ふと見ると、麗花さんの眉間に思いっきりしわが。
うわー、なんて思ってたら、ぐらっと麗花さんが揺らいだ。
ボクは慌てて彼女の側に駆け寄り、倒れかけていた彼女を支えた。
おもっ。
ボクより背の高い麗花さんが力を抜くと、ボクの腕力じゃちょっとやば目。
「麗花さんっ、どうしたのっ?」
貧血起こしかけたかのように、麗花さんは目を閉じたまま、ぐったりと力が抜けていく。
「香奈ちゃん! 大丈夫?」
さっきのOLさんとか、カウンターに一人で居た男性客やらが慌ててボクの手助けに駆けつけてくれた。
みんなで麗花さんを支え、ボクは彼女の手から落ちた受話器を取った。
「ああ、マスター、すみません。麗花さん気分が悪くなったみたいで。後で連絡しますから。とりあえずこれで」
『うん、麗花を頼む』
ボクの慌てた様子に、心配だろうに何も聞かずにそれだけ言うと、マスターは電話を切った。

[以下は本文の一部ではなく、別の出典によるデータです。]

-- ===== src/Tests/Groups.antt =====
-- The consumer groups, on the stream of three entries with one group.
use burner_redis.Prelude.{
  List, not, ℕ, ◌+◌, ◌-◌, ◌≡◌, ◌≤◌, refl, true, ◌&&◌, none, some, [], ◌∷◌, ◌++◌, if◌then◌else◌,
  arith,
}
use burner_redis.Prelude.Key.{bytes_key, stream_id_key, same, among}
use burner_redis.Map
use burner_redis.Value.{Bytes, Stream, StreamId, ConsumerGroup, ok}
use burner_redis.Store.{Data}
use burner_redis.Store.View.{live}
use burner_redis.Streams.{xadd}
use burner_redis.Streams.Entries.{EntryMap, entries_after, take_count}
use burner_redis.Streams.View.{stream_view}
use burner_redis.Streams.Text.{parse_stream_id, split_dash, parse_parts, parse_u64}
use burner_redis.Streams.Reading.{with_batch, above, limited, beyond}
use burner_redis.Groups.{
  xgroup_create, xreadgroup, xack, only_new, start_of, greatest_id, read_member, ack_loop,
}
use burner_redis.Groups.Pending.{
  pending_of, add_pending, remove_pending, mark_delivered, ack_one, find_pending, sort_by_id,
}
use burner_redis.Groups.Claim.{
  ClaimOptions, xclaim, xautoclaim, claim_ids, claim_one, claim_found, claim_forced, claim_each,
  transfer,
}
use burner_redis.Groups.Info.{
  xpending_summary, total_pending, summarize, add_consumer, bounds_of, xpending_range,
}
use burner_redis.Groups.Holders.{holders}
use burner_redis.Groups.View.{with_group}
use burner_redis.Groups.Delivery.{fresh}
use burner_redis.Groups.Reading.{xreadgroup_new, xreadgroup-history}
use burner_redis.Groups.History.{ids_ascend, lowest_or}
use burner_redis.Groups.Acks.{xack_lem}
use burner_redis.Groups.Create.{begins_at, xreadgroup-xgroup_create}
use burner_redis.Groups.Queue.{backlog, xadd-backlog}
use burner_redis.Groups.Sound.{SoundData}
use burner_redis.Groups.Steps.{at_start, after, created, added, delivered, Reached-SoundData}
use burner_redis.Tests.Inputs.{group, name, a, b, s}
use burner_redis.Tests.Streams.{run, jobs, fields, entries, workers, log, logged, store}

run_groups : Unit {0}
unfolding run xgroup_create xreadgroup xack start_of read_member ack_loop pending_of add_pending
    remove_pending mark_delivered ack_one find_pending sort_by_id xclaim xautoclaim claim_ids
    claim_one claim_found claim_forced claim_each transfer xpending_summary xpending_range summarize
    add_consumer bounds_of holders total_pending parse_stream_id split_dash parse_parts parse_u64
run_groups = tt

abbrev zero_id : Bytes
zero_id = b'0' ∷ []

xreadgroup-new :
    (xreadgroup 9 group b ((jobs, only_new) ∷ []) (some 1) logged).0
    ≡ ok ((jobs, ((1, 1), fields) ∷ []) ∷ [])
unfolding run_groups
xreadgroup-new = refl

xreadgroup-workers :
    (xreadgroup 9 group a ((jobs, zero_id) ∷ []) none logged).0
    ≡ ok ((jobs, ((1, 0), fields) ∷ []) ∷ [])
unfolding run_groups
xreadgroup-workers = refl

-- XAUTOCLAIM takes what has been idle for long enough.
xautoclaim-jobs :
    (xautoclaim 2_000_003 jobs group b 2 (0, 0) none logged).0
    ≡ ok ((0, 0), (((1, 0), fields) ∷ [], []))
unfolding run_groups
xautoclaim-jobs = refl

xpending-jobs :
    (xpending_summary 9 jobs group (xreadgroup 9 group b ((jobs, only_new) ∷ []) none logged).1).0
    ≡ ok (record {
      pending_count = 3;
      least = some (1, 0);
      greatest = some (4, 0);
      consumer_counts = (a, 1) ∷ (b, 2) ∷ [];
    })
unfolding run_groups
xpending-jobs = refl

abbrev forced : ClaimOptions
forced = record { min_idle_ms = 0; idle = none; retrycount = none; force = true; justid = true }

-- XCLAIM with FORCE gives an entry to `a` that has not been delivered, XREADGROUP delivers it to `b` as
-- well, and it is pending with both.
xclaim-xreadgroup :
    (xpending_summary 9 jobs group
      (xreadgroup 9 group b
        ((jobs, only_new) ∷ [])
        none
        (xclaim (λ now d. now - d) 9 jobs group a forced ((4, 0) ∷ []) logged).1).1).0
    ≡ ok (record {
      pending_count = 4;
      least = some (1, 0);
      greatest = some (4, 0);
      consumer_counts = (a, 2) ∷ (b, 2) ∷ [];
    })
unfolding run_groups
xclaim-xreadgroup = refl

-- XACK then takes it from one of them only.
xack-forced :
    (xpending_summary 9 jobs group
      (xack 9 jobs group
        ((4, 0) ∷ [])
        (xreadgroup 9 group b
          ((jobs, only_new) ∷ [])
          none
          (xclaim (λ now d. now - d) 9 jobs group a forced ((4, 0) ∷ []) logged).1).1).1).0
    ≡ ok (record {
      pending_count = 3;
      least = some (1, 0);
      greatest = some (4, 0);
      consumer_counts = (a, 1) ∷ (b, 2) ∷ [];
    })
unfolding run_groups
xack-forced = refl

xreadgroup_new_example :
    (new : EntryMap) × (cg' : ConsumerGroup) × ((xreadgroup 9 group b
        ((jobs, only_new) ∷ [])
        (some 1)
        logged).0
      ≡ with_batch jobs new (ok []))
    × (stream_view (live 9 jobs (xreadgroup 9 group b ((jobs, only_new) ∷ []) (some 1) logged).1)
        ≡ some (with_group group cg' log))
    × (new ≡ take_count (some 1) (entries_after (1, 0) entries))
    × (new ++ entries_after cg'.last_delivered_id entries ≡ entries_after (1, 0) entries)
    × ((consumer : Bytes) (i : StreamId)
        → Map.get i (pending_of consumer cg'.consumers) ≡ (
            if same b consumer && among i (Map.keys new)
            then some (fresh 9)
            else Map.get i (pending_of consumer workers.consumers)))
unfolding run_groups
xreadgroup_new_example =
    xreadgroup_new 9 group b jobs only_new (some 1) logged log workers refl refl refl refl

xreadgroup-history_example :
    (ids : List StreamId) × (found_entries : EntryMap) × ((xreadgroup 9 group a
        ((jobs, zero_id) ∷ [])
        (some 1)
        logged).0
      ≡ with_batch jobs found_entries (ok []))
    × (stream_view (live 9 jobs (xreadgroup 9 group a ((jobs, zero_id) ∷ []) (some 1) logged).1)
        ≡ some (with_group group workers log))
    × (ids_ascend ids ≡ true)
    × ((i : StreamId)
        → among i ids ≡ (
            not (beyond i (lowest_or (parse_stream_id zero_id)))
            && Map.contains_key i (pending_of a workers.consumers)))
    × (ids_ascend (Map.keys found_entries) ≡ true)
    × ((i : StreamId)
        → Map.get i found_entries
          ≡ (if among i (limited (some 1) ids) then Map.get i log.entries else none))
unfolding run_groups
xreadgroup-history_example =
    xreadgroup-history 9 group a jobs zero_id (some 1) logged log workers refl refl refl (refl, tt)

workers-once : (id : StreamId) → holders id workers.consumers ≤ 1
unfolding run_groups
workers-once id = ground arith

xack_lem_example :
    (n : ℕ) × (cg' : ConsumerGroup) × ((xack 9 jobs group ((1, 0) ∷ (4, 0) ∷ []) logged).0 ≡ ok n)
    × (stream_view (live 9 jobs (xack 9 jobs group ((1, 0) ∷ (4, 0) ∷ []) logged).1)
        ≡ some (with_group group cg' log))
    × ((consumer : Bytes) (id : StreamId)
        → Map.get id (pending_of consumer cg'.consumers) ≡ (
            if among id ((1, 0) ∷ (4, 0) ∷ [])
            then none
            else Map.get id (pending_of consumer workers.consumers)))
    × (n + total_pending cg'.consumers ≡ total_pending workers.consumers)
    × (Map.keys cg'.consumers ≡ Map.keys workers.consumers)
    × (cg'.last_delivered_id ≡ (1, 0))
    × ((id : StreamId) → holders id cg'.consumers ≤ 1)
unfolding run_groups
xack_lem_example =
    xack_lem 9 jobs group ((1, 0) ∷ (4, 0) ∷ []) logged log refl workers refl workers-once
      ((refl, tt), tt)

xreadgroup-xgroup_create_example :
    ((xgroup_create 9 jobs name greatest_id true logged).0 ≡ ok tt)
    × (stream_view (live 9 jobs (xgroup_create 9 jobs name greatest_id true logged).1)
        ≡ some (
            with_group name
              (record { last_delivered_id = begins_at greatest_id (4, 0); consumers = [] })
              log))
    × ((xreadgroup 9 name b
          ((jobs, only_new) ∷ [])
          none
          (xgroup_create 9 jobs name greatest_id true logged).1).0
        ≡ with_batch jobs (limited none (above (begins_at greatest_id (4, 0)) entries)) (ok []))
unfolding run_groups
xreadgroup-xgroup_create_example =
    xreadgroup-xgroup_create 9 jobs name b greatest_id none logged log refl refl refl

xadd-backlog_example :
    (i : StreamId) × (st' : Stream) × ((xadd 9 2 jobs fields none store).0 ≡ ok i)
    × (stream_view (live 9 jobs (xadd 9 2 jobs fields none store).1.data_map) ≡ some st')
    × (Map.get group st'.groups ≡ some workers)
    × (backlog st' workers ≡ backlog log workers ++ (i, fields) ∷ [])
unfolding run_groups
xadd-backlog_example =
    xadd-backlog 9 2 jobs group fields store log workers refl refl (omega arith) refl refl

abbrev with_jobs : Data
with_jobs = (xgroup_create 3 jobs group (0, 0) true []).1

abbrev filled : Data
filled = (xadd 4 4 jobs fields none (record s { data_map = with_jobs })).1.data_map

Reached-SoundData_example : SoundData (xreadgroup 5 group a ((jobs, only_new) ∷ []) none filled).1
unfolding run_groups
Reached-SoundData_example =
    Reached-SoundData (xreadgroup 5 group a ((jobs, only_new) ∷ []) none filled).1 (
      after
        (after (after at_start (created 3 jobs group (0, 0) true []))
          (added 4 4 jobs fields none (record s { data_map = with_jobs }) refl))
        (delivered 5 group a ((jobs, only_new) ∷ []) none filled))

ボクはお客さんの手を借りて、私室の方のソファに麗花さんを寝かせた。
「救急車呼ばなくて平気なの?」
OLさんが言うと、手を貸してくれた年輩の男性が、軽く麗花さんの様子を診察しながら答えた。
「大丈夫そうだよ。軽い貧血みたいだ」
「あ、外沢先生だったの? 白衣着てないと別人ですね」
って……医者だったの? この人……
あー。何かタイミング良すぎ。
それにしても……お店どうしよう?
料理作れるのは麗花さんだけで……困った、困った。